In effect, they remain affiliated to the university with only academic and administrative autonomy.

Non-compliance with the University’s rules and regulations were cited as reasons for the disaffiliation. “Autonomous colleges are conceptually good but lack accountability,” opines Prof M I Savadatti, former vice-chancellor, Mangalore University.
Savadatti was a former member of the University Grants Commission (UGC), and was actively involved in inspection of autonomous institutions across the country for nearly two decades.

“The common problem is that there are no parameters to measure how good or bad the teaching and the learning process are at the autonomous institutes. Teaching is self-motivated and cannot be acquired by obtaining the higher status like autonomy, that attract students by the institution’s inherent business-minded objective,” Savadatti points out.

The autonomy system is anything but perfect. Savadatti contends that there are many grey areas here, including the absence of a monitoring body and parameters to measure the effectiveness of these institutions. “Autonomous institutes should be able to award degrees, which makes them accountable for the output,” he notes.

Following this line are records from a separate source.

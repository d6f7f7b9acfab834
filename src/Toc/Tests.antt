-- ===== src/Toc/Tests.antt =====
-- The theorems on tables of contents at a header of version 1.14 and an entry with dependencies.
use greenmask.Common.{
  ℕ, ◌+◌, ◌-◌, ◌*◌, ◌^◌, ◌<◌, ◌≤◌, ◌≡◌, ◌≢◌, ◌⊎◌, refl, Bytes, codes, none, some, [], ◌∷◌, ◌++◌, ok,
  err, stuck, Error, length, arith,
}
use greenmask.Toc.Types.{Header, Entry, zero_spec}
use greenmask.Toc.Version.{make_archive_version, backup_version}
use greenmask.Toc.Persisted.{IsWritable, IsWritableHeader}
use greenmask.Toc.Reader.{new_reader}
use greenmask.Toc.Reader.Read.{read}
use greenmask.Toc.Reader.Total.{read-ends}
use greenmask.Toc.Writer.{new_writer}
use greenmask.Toc.Writer.Write.{write}
use greenmask.Toc.RoundTrip.Whole.{read-write, persisted, written}

abbrev sample_header : Header
sample_header = record {
  version_major = 1;
  version_minor = 14;
  version_rev = 0;
  version = (1 * 256 + 14) * 256;
  int_size = 4;
  off_size = 8;
  format = 3;
  compression_spec = record zero_spec { level = 6 };
  crtm_date_time = record {
    tm_sec = 10;
    tm_min = 20;
    tm_hour = 3;
    tm_mday = 4;
    tm_mon = 5;
    tm_year = 124;
    tm_is_dst = 0;
  };
  arch_db_name = some (codes "demo");
  archive_remote_version = some (codes "16.1");
  archive_dump_version = none;
  toc_count = 0;
  max_dump_id = 0;
}

abbrev sample_entry : Entry
sample_entry = record {
  catalog_id = record { table_oid = 1259; oid = 16385 };
  dump_id = 7;
  section = 3;
  had_dumper = 1;
  tag = some (codes "users");
  namespace = some (codes "public");
  tablespace = some [];
  tableam = some (codes "heap");
  owner = some (codes "postgres");
  desc = some (codes "TABLE DATA");
  defn = none;
  drop_stmt = none;
  copy_stmt = some (codes "COPY users FROM stdin;");
  dependencies = 3 ∷ (2 ^ 32 - 5) ∷ [];
  n_deps = 2;
  file_name = some (codes "7.dat.gz");
  relkind = 114;
  data_dumper = 0;
  data_length = 0;
}

sample_header-IsWritableHeader : IsWritableHeader sample_header
unfolding make_archive_version backup_version
sample_header-IsWritableHeader = record {
  major = refl;
  minor = omega arith;
  version = refl;
  supported = omega arith;
  int_size = refl;
  off_size = omega arith;
  format = refl;
  level = omega arith;
  crtm = record {
    tm_sec = omega arith;
    tm_min = omega arith;
    tm_hour = omega arith;
    tm_mday = omega arith;
    tm_mon = omega arith;
    tm_year = omega arith;
    tm_is_dst = omega arith;
  };
  arch_db_name = omega arith;
  archive_remote_version = omega arith;
  archive_dump_version = tt;
}

sample_entry-IsWritable : IsWritable sample_header.version sample_entry
sample_entry-IsWritable = record {
  dump_id_pos = omega arith;
  dump_id_max = omega arith;
  had_dumper = omega arith;
  table_oid = omega arith;
  oid = omega arith;
  section = omega arith;
  relkind = omega arith;
  tag = omega arith;
  namespace = omega arith;
  tablespace = omega arith;
  tableam = omega arith;
  owner = omega arith;
  desc = omega arith;
  defn = tt;
  drop_stmt = tt;
  copy_stmt = omega arith;
  file_name = omega arith;
  dependencies = (omega arith, (omega arith, tt));
  desc_known = λ old e. ground arith;
}

read-write_example :
    (archive : Bytes) × (read (new_reader archive)
      ≡ ok (persisted sample_header (sample_entry ∷ []), new_reader []))
    × ((room : ℕ)
        → ((length archive ≤ room)
            × (write
                  (record { header = some sample_header; entries = some (sample_entry ∷ []) })
                  (new_writer room)
                ≡ ok (tt, written archive room)))
          ⊎ ((room < length archive)
              × ((e : Error) × (write
                      (record { header = some sample_header; entries = some (sample_entry ∷ []) })
                      (new_writer room)
                    ≡ err e))))
read-write_example =
    read-write sample_header (sample_entry ∷ []) sample_header-IsWritableHeader (omega arith)
      (sample_entry-IsWritable, tt)

read-ends_example : read (new_reader (codes "PGDMP" ++ 1 ∷ 14 ∷ 0 ∷ 4 ∷ [])) ≢ stuck
read-ends_example = read-ends (codes "PGDMP" ++ 1 ∷ 14 ∷ 0 ∷ 4 ∷ [])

Stressing the need for checks and balances is Dr M R Srinivasan, former chairman, Atomic Energy Commission who recently headed the Higher Education Task Force. According to him, the autonomous status should be awarded to institutions with good academic record so that such institutes will propel towards becoming ‘centres of excellence’.

“Regulatory checks and balances should be in place so that institutions will not become money driven. Some courses framed by institutions may attract a higher fee but care should be taken that profiteering is not favoured in the process,” cautions Dr Srinivasan.

Shortage of faculty is another grey area. He says, “Institutions which acquire the freedom to frame new courses, and conduct examinations should ensure that adequate faculty is available for doing so. The concept of autonomy is effective only with well performing colleges who possess well established faculty.”

Keeping students occupied

Seminars, project presentations, compulsory attendance, internal assessments, semester examinations and more. Students of autonomous colleges are on their toes throughout the year. The college managements are convinced that is the way to keep the students confident, responsible and independent.

Smriti Jain, student, from one of the nine autonomous colleges under Bangalore University, Jyothi Nivas College, has this to say: “The compulsory credits and marks to be obtained makes us work hard to present the seminars and projects effectively. It is a different experience to be studying in an autonomous college compared to regular colleges. Autonomous institution gives students the confidence of fair evaluation and announcement of results on time without delay”. 

Christopher J Solomon, student, St Joseph’s College of Commerce believes that lecturers who teach a set of students have to evaluate them based on the overall development rather than just annual examination. “It is ridiculous that the faculty from one college teaches us, somebody else from another college sets the question paper, another person evaluates it and someone else announces the results. It is a known fact the declaration of result by the varsity has always been delayed and autonomous colleges keep students away from these fears and worries” points out Christopher. 

Students allocate less time for extra curricular activities and concentrate on academics under this system, says Sister Juanita, vice principal, Mount Carmel College (autonomous).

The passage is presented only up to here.